─── INFORMATION ───

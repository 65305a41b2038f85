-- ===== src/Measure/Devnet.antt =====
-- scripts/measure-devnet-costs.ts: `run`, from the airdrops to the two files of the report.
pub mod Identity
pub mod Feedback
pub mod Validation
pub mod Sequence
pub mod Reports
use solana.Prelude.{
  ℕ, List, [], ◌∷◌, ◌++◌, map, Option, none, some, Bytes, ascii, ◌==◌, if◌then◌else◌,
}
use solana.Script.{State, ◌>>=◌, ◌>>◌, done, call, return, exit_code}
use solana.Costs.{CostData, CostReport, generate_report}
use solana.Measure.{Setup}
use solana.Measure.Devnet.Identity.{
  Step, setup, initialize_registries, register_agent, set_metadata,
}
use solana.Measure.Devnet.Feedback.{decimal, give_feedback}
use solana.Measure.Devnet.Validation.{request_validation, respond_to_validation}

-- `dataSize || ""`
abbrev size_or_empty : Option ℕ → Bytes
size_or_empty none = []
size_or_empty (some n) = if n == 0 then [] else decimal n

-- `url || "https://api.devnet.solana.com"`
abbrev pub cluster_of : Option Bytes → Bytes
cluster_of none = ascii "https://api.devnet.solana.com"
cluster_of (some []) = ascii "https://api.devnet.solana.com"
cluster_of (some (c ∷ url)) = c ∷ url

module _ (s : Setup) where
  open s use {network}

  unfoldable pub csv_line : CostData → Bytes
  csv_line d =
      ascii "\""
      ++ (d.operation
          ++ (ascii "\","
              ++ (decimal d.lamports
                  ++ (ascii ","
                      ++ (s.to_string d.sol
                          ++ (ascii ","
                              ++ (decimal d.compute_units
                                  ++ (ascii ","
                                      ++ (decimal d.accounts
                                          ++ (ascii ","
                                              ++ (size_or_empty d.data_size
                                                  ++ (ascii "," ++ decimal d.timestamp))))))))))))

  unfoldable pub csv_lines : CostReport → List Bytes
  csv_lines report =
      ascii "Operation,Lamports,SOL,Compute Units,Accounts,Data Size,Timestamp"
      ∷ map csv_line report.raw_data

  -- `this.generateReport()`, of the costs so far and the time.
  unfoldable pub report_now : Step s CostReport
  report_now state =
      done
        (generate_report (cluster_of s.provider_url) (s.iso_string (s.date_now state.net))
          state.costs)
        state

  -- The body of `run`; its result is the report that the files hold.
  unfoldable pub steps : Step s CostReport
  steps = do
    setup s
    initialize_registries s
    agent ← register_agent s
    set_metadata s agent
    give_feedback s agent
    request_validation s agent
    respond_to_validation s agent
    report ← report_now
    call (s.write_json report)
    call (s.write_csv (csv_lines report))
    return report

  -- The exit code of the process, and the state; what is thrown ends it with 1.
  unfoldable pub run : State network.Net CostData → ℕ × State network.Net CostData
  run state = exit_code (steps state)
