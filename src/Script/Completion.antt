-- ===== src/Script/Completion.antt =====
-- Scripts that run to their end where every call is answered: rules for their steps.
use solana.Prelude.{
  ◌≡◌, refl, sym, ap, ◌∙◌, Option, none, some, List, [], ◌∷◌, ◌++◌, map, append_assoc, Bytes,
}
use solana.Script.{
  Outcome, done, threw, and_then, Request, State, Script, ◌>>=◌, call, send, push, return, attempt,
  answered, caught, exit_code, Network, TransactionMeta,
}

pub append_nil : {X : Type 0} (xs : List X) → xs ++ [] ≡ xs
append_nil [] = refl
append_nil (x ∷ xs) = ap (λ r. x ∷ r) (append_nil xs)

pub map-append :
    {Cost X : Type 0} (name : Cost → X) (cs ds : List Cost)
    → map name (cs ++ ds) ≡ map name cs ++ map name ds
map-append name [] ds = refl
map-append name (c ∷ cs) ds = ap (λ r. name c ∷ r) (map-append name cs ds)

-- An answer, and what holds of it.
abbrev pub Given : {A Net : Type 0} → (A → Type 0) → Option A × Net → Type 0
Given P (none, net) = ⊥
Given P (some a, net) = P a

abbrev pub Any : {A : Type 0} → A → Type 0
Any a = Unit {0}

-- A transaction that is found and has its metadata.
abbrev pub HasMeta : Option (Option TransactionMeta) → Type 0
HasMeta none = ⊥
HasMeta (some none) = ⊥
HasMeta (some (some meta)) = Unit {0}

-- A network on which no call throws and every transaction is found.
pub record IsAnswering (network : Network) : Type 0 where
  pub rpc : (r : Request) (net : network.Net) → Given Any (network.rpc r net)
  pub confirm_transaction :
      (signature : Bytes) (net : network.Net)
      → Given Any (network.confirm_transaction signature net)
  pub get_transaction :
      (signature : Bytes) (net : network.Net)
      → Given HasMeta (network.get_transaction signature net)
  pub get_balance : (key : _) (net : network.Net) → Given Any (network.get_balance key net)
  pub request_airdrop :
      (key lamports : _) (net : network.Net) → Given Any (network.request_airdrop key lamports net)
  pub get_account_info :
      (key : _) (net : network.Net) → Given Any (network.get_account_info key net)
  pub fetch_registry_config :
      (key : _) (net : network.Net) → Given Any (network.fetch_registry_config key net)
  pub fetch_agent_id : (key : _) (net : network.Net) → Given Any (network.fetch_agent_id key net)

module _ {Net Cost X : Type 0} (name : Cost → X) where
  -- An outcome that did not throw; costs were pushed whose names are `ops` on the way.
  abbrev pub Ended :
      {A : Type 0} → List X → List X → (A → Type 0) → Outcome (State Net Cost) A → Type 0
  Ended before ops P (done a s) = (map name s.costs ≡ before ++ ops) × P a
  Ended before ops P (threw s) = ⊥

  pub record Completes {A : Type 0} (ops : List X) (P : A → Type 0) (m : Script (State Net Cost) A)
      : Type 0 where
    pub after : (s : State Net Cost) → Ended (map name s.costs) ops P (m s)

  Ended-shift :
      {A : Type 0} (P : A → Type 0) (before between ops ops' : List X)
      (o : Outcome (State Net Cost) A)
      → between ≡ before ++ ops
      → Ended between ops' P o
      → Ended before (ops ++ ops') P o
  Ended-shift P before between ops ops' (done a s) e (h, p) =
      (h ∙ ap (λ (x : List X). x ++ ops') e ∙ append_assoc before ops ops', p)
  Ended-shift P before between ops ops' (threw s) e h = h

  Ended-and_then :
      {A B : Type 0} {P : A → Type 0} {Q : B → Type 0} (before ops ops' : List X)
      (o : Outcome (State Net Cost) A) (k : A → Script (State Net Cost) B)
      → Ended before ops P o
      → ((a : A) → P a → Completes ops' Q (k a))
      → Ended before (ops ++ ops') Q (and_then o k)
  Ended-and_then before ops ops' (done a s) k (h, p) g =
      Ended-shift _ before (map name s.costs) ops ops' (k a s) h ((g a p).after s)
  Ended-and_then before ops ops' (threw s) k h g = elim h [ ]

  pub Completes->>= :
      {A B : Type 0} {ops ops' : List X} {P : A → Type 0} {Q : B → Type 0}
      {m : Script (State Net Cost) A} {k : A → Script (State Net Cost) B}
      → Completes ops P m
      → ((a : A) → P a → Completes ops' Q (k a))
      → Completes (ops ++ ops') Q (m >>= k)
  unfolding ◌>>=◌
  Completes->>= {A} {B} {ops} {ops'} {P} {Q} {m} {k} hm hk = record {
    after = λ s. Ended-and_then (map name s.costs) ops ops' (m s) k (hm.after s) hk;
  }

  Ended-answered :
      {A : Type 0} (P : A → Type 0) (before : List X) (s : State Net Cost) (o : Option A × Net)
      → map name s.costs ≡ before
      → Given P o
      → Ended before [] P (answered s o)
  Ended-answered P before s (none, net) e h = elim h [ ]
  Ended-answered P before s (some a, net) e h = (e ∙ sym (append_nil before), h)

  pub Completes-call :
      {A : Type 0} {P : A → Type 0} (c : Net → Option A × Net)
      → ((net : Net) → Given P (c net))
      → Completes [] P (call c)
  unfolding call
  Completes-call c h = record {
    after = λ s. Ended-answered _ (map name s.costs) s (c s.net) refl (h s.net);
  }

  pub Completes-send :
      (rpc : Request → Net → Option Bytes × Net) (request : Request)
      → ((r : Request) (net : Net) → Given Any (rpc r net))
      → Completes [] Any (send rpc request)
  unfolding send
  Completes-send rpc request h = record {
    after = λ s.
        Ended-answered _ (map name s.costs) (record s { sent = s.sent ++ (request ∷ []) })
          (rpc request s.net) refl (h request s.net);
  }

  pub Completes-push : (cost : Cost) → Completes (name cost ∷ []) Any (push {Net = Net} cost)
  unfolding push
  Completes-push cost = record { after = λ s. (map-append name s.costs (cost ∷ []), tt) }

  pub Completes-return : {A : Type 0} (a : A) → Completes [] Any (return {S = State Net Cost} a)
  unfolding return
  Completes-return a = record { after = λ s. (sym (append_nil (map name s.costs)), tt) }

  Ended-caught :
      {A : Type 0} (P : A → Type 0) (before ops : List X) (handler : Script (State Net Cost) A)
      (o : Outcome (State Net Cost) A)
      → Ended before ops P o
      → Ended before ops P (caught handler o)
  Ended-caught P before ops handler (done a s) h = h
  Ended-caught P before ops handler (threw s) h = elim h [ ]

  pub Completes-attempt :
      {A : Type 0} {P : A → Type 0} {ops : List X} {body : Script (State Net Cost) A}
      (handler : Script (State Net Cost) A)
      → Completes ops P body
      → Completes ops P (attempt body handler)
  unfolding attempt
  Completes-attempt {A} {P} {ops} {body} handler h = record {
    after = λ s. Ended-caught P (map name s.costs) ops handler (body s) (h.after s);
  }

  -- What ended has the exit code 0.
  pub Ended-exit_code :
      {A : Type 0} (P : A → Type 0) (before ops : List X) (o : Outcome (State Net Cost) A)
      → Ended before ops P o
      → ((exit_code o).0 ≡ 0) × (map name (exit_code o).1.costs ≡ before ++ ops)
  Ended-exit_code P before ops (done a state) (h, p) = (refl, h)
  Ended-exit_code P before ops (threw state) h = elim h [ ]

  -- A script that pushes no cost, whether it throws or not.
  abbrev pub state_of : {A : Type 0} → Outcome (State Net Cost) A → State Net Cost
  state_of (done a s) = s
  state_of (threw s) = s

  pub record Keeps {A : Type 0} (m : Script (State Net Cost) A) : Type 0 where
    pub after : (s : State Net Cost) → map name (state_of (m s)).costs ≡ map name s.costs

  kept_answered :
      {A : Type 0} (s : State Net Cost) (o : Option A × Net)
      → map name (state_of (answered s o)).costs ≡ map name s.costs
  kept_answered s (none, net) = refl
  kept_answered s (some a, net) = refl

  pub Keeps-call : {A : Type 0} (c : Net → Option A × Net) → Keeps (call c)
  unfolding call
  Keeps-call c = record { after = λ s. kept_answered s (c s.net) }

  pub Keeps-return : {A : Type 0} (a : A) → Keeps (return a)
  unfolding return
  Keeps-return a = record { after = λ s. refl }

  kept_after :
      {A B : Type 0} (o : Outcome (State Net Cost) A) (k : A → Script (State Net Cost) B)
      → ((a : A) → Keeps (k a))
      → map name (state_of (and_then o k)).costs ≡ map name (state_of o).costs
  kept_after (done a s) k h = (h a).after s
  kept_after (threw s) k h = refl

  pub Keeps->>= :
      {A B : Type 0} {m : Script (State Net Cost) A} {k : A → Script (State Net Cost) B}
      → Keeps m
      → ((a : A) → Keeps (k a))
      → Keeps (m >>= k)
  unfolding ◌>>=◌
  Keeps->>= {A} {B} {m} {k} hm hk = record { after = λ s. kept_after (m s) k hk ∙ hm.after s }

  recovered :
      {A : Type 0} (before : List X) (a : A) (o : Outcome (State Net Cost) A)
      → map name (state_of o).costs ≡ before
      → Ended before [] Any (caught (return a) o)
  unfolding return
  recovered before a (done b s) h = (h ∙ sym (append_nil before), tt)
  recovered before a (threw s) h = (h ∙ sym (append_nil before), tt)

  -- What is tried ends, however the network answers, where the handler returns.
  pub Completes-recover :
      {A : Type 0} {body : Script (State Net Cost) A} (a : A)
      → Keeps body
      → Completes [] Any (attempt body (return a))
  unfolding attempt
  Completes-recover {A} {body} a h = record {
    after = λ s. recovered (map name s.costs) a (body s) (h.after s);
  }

───

[PROBLEM TO WORK ON]: Please return every line of the material above that includes "attempt".

[OUTPUT BELOW]:
  Outcome, done, threw, and_then, Request, State, Script, ◌>>=◌, call, send, push, return, attempt,
  pub Completes-attempt :
      → Completes ops P (attempt body handler)
  unfolding attempt
  Completes-attempt {A} {P} {ops} {body} handler h = record {
      → Completes [] Any (attempt body (return a))
  unfolding attempt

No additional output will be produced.